Tremendous amounts of personal data about individuals are being collected and mined in statistical databases by industry (e.g., Web, medical) and government agencies (e.g. Census). Legal requirements and an increase in public awareness due to egregious breaches of individual privacy have made privacy in statistical databases an important field of research. Privacy definitions provide rigorous ways for trading off the privacy of individuals for the utility of the results of data analysis in such databases. Differential privacy is an important standard for privacy, and it exposes one knob 'epsilon' for tuning this tradeoff.
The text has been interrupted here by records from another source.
-- ===== src/Tests/Parsing.antt =====
-- The parsers at concrete command-line values.
use dm_simulator.Base.{
  true, ◌<>◌, ℕ, ◌<◌, ◌≤◌, String, ◌≡◌, ◌≢◌, ◌↔◌, refl, some, List, [], ◌∷◌, map, count, ok, err,
  system_exit, All, arith,
}
use dm_simulator.Base.Int.{ℤ, pos, negsuc, int, show_ℕ}
use dm_simulator.Base.Dict.{keys}
use dm_simulator.Text.{join, split_comma, strip}
use dm_simulator.Matrix.Policies.{policies, memory_bandwidth_bytes_per_time_by_level}
use dm_simulator.Matrix.Parse.{
  parse_csv_list, parse_seeds, parse_positive_ints, parse_nonnegative_ints, parse_probabilities,
  parse_positive_floats, parse_policies, parse_levels, parse_overlaps, overlap_names,
}
use dm_simulator.Matrix.Parse.Items.{IsItem, parse_csv_list-IsItem, parse_csv_list-join}
use dm_simulator.Matrix.Parse.Numbers.{
  parse_seeds_iff, parse_ints_iff, parse_floats_iff, IsProbability, IsPositive,
}
use dm_simulator.Matrix.Parse.Names.{AllIn, parse_levels_iff, parse_policies_iff, parse_modes_iff}
use dm_simulator.Matrix.Run.{bounded_run_name}
use dm_simulator.Matrix.Run.Names.{bounded_run_name_lem}
use dm_simulator.Matrix.Yaml.{yaml_string}
use dm_simulator.Matrix.Yaml.Quoting.{
  ends_scalar, all_inline, is_inline, read_scalar, read_scalar-yaml_string,
}
use dm_simulator.Tests.Decimal.{Decimal, decimal_floats}

spaces_and_blanks : parse_csv_list " 4, ,8,16 ," ≡ "4" ∷ "8" ∷ "16" ∷ []
unfolding parse_csv_list split_comma strip
spaces_and_blanks = refl

seeds_with_signs : parse_seeds "+1_0,-3" ≡ ok (pos 10 ∷ negsuc 2 ∷ [])
unfolding parse_seeds parse_csv_list split_comma strip int
seeds_with_signs = refl

zero_is_not_positive : parse_positive_ints "4,0" ≡ err (system_exit "Invalid positive integer '0'")
unfolding parse_positive_ints parse_csv_list split_comma strip int
zero_is_not_positive = refl

unknown_level :
    parse_levels "mild,hot" memory_bandwidth_bytes_per_time_by_level "memory bandwidth level"
    ≡ err (
        system_exit
          "Invalid memory bandwidth level value(s): hot. Expected one of: mild, moderate, severe")
unfolding parse_levels parse_csv_list split_comma strip join
unknown_level = refl

show_numbers : join "," (map show_ℕ (0 ∷ 7 ∷ 10 ∷ 4096 ∷ [])) ≡ "0,7,10,4096"
unfolding join show_ℕ
show_numbers = refl

parse_csv_list-IsItem_example : All IsItem (parse_csv_list " 4, ,8,16 ,")
parse_csv_list-IsItem_example = parse_csv_list-IsItem " 4, ,8,16 ,"

parse_csv_list-join_example :
    parse_csv_list (join "," ("completion_driven" ∷ "scheduled_bursty" ∷ []))
    ≡ "completion_driven" ∷ "scheduled_bursty" ∷ []
unfolding strip
parse_csv_list-join_example = parse_csv_list-join ("completion_driven" ∷ "scheduled_bursty" ∷ []) (
  record { filled = refl; no_comma = assumption; stripped = refl },
  (record { filled = refl; no_comma = assumption; stripped = refl }, tt),
)

abbrev sizes : List ℕ
sizes = 4 ∷ 8 ∷ []

abbrev halves : List Decimal
halves = record { millionths = 1000000 } ∷ []

abbrev names : List String
names = "lru" ∷ []

parse_ints_iff_example :
    ((parse_positive_ints "4,8" ≡ ok sizes) ↔ (
      (map int (parse_csv_list "4,8") ≡ map (λ n. some (pos n)) sizes)
      × All (λ n. 0 < n) sizes
      × (sizes ≢ [])))
    × ((parse_nonnegative_ints "4,8" ≡ ok sizes)
        ↔ ((map int (parse_csv_list "4,8") ≡ map (λ n. some (pos n)) sizes) × (sizes ≢ [])))
parse_ints_iff_example = parse_ints_iff "4,8" sizes

parse_floats_iff_example :
    ((parse_probabilities "1" "churn fraction" ≡ ok halves) ↔ (
      (map decimal_floats.of_text (parse_csv_list "1") ≡ map some halves)
      × All IsProbability halves
      × (halves ≢ [])))
    × ((parse_positive_floats "1" "churn fraction" ≡ ok halves) ↔ (
        (map decimal_floats.of_text (parse_csv_list "1") ≡ map some halves)
        × All IsPositive halves
        × (halves ≢ [])))
parse_floats_iff_example = parse_floats_iff "1" "churn fraction" halves

parse_policies_iff_example :
    (parse_policies "lru" ≡ ok names)
    ↔ ((names ≡ parse_csv_list "lru") × AllIn policies names × (names ≢ []))
parse_policies_iff_example = parse_policies_iff "lru" names

parse_levels_iff_example :
    (parse_levels "mild" memory_bandwidth_bytes_per_time_by_level "level" ≡ ok ("mild" ∷ [])) ↔ (
      (◌≡◌ {A = List String} ("mild" ∷ []) (parse_csv_list "mild"))
      × AllIn (keys memory_bandwidth_bytes_per_time_by_level) ("mild" ∷ [])
      × (◌≢◌ {A = List String} ("mild" ∷ []) []))
parse_levels_iff_example =
    parse_levels_iff "mild" memory_bandwidth_bytes_per_time_by_level "level" ("mild" ∷ [])

parse_modes_iff_example :
    (parse_overlaps "low" ≡ ok ("low" ∷ [])) × AllIn overlap_names ("low" ∷ [])
unfolding parse_csv_list split_comma strip
parse_modes_iff_example =
    ((parse_modes_iff "low" ("low" ∷ [])).0.1 (refl, assumption, λ e. cc), assumption)

bounded_run_name_lem_example :
    (count (bounded_run_name (λ s. "0123456789abcdef") "a_long_run_name" 13) ≤ 13)
    × ((bounded_run_name (λ s. "0123456789abcdef") "a_long_run_name" 13 ≡ "a_long_run_name")
        ↔ (count "a_long_run_name" ≤ 13))
bounded_run_name_lem_example =
    bounded_run_name_lem (λ s. "0123456789abcdef") "a_long_run_name" 13 (omega arith)

abbrev seeds : List ℤ
seeds = pos 10 ∷ negsuc 2 ∷ []

parse_seeds_iff_example :
    (parse_seeds "+1_0,-3" ≡ ok seeds)
    ↔ ((map int (parse_csv_list "+1_0,-3") ≡ map some seeds) × (seeds ≢ []))
parse_seeds_iff_example = parse_seeds_iff "+1_0,-3" seeds

printable : all_inline "node's run" ≡ true
unfolding all_inline is_inline
printable = refl

comment_follows : ends_scalar " # 'x'" ≡ true
unfolding ends_scalar
comment_follows = refl

read_scalar-yaml_string_example :
    read_scalar (yaml_string "node's run" <> " # 'x'") ≡ some ("node's run", " # 'x'")
read_scalar-yaml_string_example =
    read_scalar-yaml_string "node's run" " # 'x'" printable comment_follows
In this talk, I will show that differential privacy does not sufficiently capture the diversity in the privacy-utility trade-off space -- it provides insufficient utility in some applications and insufficient privacy when data are correlated. I will then describe Blowfish, a class of privacy definitions that provides a richer interface for trading-off privacy for utility. In particular, we allow data publishers to extend differential privacy using a policy, which specifies which information must be kept secret, and what constraints maybe known about the data. While the former allows increased utility by not protecting certain properties about individuals, the latter provides added protection against adversary who know correlations in the data (arising from constraints). I will formalize privacy policies, present novel algorithms that explore new points in the privacy-utility trade-off space, and briefly mention how this work is being adopted in the US Census.

Biography:

Ashwin Machanavajjhala is an Assistant Professor in the Department of Computer Science, Duke University. Previously, he was a Senior Research Scientist in the Knowledge Management group at Yahoo! Research. His primary research interests lie in data privacy, systems for massive data analytics, and statistical methods for information extraction and entity resolution. He is a recipient of the NSF CAREER award in 2013. Ashwin graduated with a Ph.D. from the Department of Computer Science, Cornell University. His thesis work on defining and enforcing privacy was awarded the 2008 ACM SIGMOD Jim Gray Dissertation Award Honorable Mention. He has also received an M.S. from Cornell University and a B.Tech in Computer Science and Engineering from the Indian Institute of Technology, Madras.